Everything from the line containing "laid = slab-IsLaidOut base n;" through the last line of the records must be returned verbatim, and nothing outside that range.

────

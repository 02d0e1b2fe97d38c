-- ===== src/Frame/Slab.antt =====
-- The processors' stacks of a pool, as `FramePool::build` of toccata-core/src/frame.rs lays them out: one
-- class, in each block the header, the lock and the slots.
use toccata.Base.{
  ℕ, zero, suc, ◌+◌, ◌-◌, ◌*◌, ◌/◌, ◌^◌, ◌<◌, ◌≡◌, ◌≢◌, refl, arith, max, sys_boxed_slice, update,
  leading_zeros, leading_zeros_of, [], ◌==◌, Bool-cases, inl, inr, subst,
}
use toccata.Base.Stacks.{stack}
use toccata.Slab.{SlabLayout, Memory, new}
use toccata.Slab.Geometry.{IsLaidOut, head, place, offset}
use toccata.Slab.Stack.{objects, IsStack, IsValid}
use toccata.Slab.Local.{gather}
use toccata.Frame.{cap_per_cpu}

-- `(x + 7) & !7`
abbrev pub align_8 : ℕ → ℕ
align_8 x = (x + 7) / 8 * 8

abbrev pub header_off : ℕ
header_off = 0

abbrev pub lock_off : ℕ
lock_off = 8

abbrev pub slots_off : ℕ
slots_off = align_8 (lock_off + 4)

abbrev pub block_bytes : ℕ
block_bytes = slots_off + cap_per_cpu * 8

pub shift : ℕ
shift = 64 - leading_zeros (max block_bytes 1 - 1)

pub slab_bytes : ℕ → ℕ
slab_bytes num_cpus = 2 ^ shift * num_cpus

unfoldable pub slab : ℕ → ℕ → SlabLayout
slab base num_cpus = new base num_cpus shift (
    sys_boxed_slice 1
      (λ _. record { header_off = header_off; slots_off = slots_off; lock_off = lock_off }))

-- The headers of the first `n` blocks, in memory that is zero.
pub headers : ℕ → ℕ → Memory
headers base zero = λ _. 0
headers base (suc n) =
    update (update (headers base n) (base + n * 2 ^ shift) 0) (base + n * 2 ^ shift + 4) cap_per_cpu

shift-eq : shift ≡ 12
unfolding shift leading_zeros leading_zeros_of
shift-eq = refl

pub slab-IsLaidOut : (base n : ℕ) → IsLaidOut (slab base n) (λ _. cap_per_cpu)
unfolding slab
slab-IsLaidOut base n = record {
  flags = refl;
  header_at = λ c h. omega (arith, h);
  lock_at = λ c h. omega (arith, h);
  slots_first = λ c h. omega arith;
  slots_apart = λ c d h k. omega (arith, h, k);
  slots_inside = λ c h. rw shift-eq (omega arith);
}

-- Everything is zero but the capacities.
headers-zero : (base n a : ℕ) → ((j : ℕ) → j < n → a ≢ base + j * 2 ^ 12 + 4) → headers base n a ≡ 0
unfolding headers
headers-zero base zero a h = refl
headers-zero base (suc n) a h =
    let rest = headers-zero base n a (λ j k. h j (omega (arith, k))) in
    rw shift-eq (ground (arith, h n (omega arith), rest))

headers-capacity : (base n j : ℕ) → j < n → headers base n (base + j * 2 ^ 12 + 4) ≡ cap_per_cpu
unfolding headers
headers-capacity base zero j h = omega (arith, h)
headers-capacity base (suc n) j h = elim (Bool-cases (j == n)) [
  | inl t ↦ let same : j ≡ n = ground (arith, t) in rw (shift-eq, same) (ground arith)
  | inr f ↦
      let other : j ≢ n = ground (arith, f) in
      let rest = headers-capacity base n j (omega (arith, h, other)) in
      let apart : base + j * 4096 + 4 ≢ base + n * 4096 = λ e. omega (arith, e) in
      rw shift-eq (ground (arith, apart, other, rest))
]

-- In every block: no object, room for `CAP_PER_CPU`, and the lock free.
head-zero : (base n cpu : ℕ) → headers base n (place (slab base n) cpu 0 head) ≡ 0
unfolding slab place offset
head-zero base n cpu = rw shift-eq (headers-zero base n _ (λ j k e. omega (arith, e)))

slab-IsStack : (base n cpu : ℕ) → cpu < n → IsStack (slab base n) cap_per_cpu (headers base n) cpu 0
unfolding slab place offset
slab-IsStack base n cpu h = record {
  unlocked = rw shift-eq (headers-zero base n _ (λ j k e. omega (arith, e)));
  room = rw shift-eq (headers-capacity base n cpu h);
  few = omega (arith, head-zero base n cpu);
  live = λ i k. absurd (omega (arith, head-zero base n cpu, k));
}

-- The slab that `build` lays out is in order and holds no object.
pub slab-IsValid : (base n : ℕ) → IsValid (slab base n) (λ _. cap_per_cpu) (headers base n)
unfolding slab
slab-IsValid base n = record {
  laid = slab-IsLaidOut base n;
  stacks = λ cpu c h k.
      subst (IsStack (slab base n) cap_per_cpu (headers base n) cpu) (omega (arith, k))
        (slab-IsStack base n cpu h);
}

pub slab-empty : (base n k : ℕ) → gather (slab base n) (headers base n) 0 k ≡ []
unfolding gather objects stack
slab-empty base n zero = refl
slab-empty base n (suc k) = rw (head-zero base n k, slab-empty base n k) refl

────

Answer area
  laid = slab-IsLaidOut base n;
  stacks = λ cpu c h k.
      subst (IsStack (slab base n) cap_per_cpu (headers base n) cpu) (omega (arith, k))
        (slab-IsStack base n cpu h);
}

pub slab-empty : (base n k : ℕ) → gather (slab base n) (headers base n) 0 k ≡ []
unfolding gather objects stack
slab-empty base n zero = refl
slab-empty base n (suc k) = rw (head-zero base n k, slab-empty base n k) refl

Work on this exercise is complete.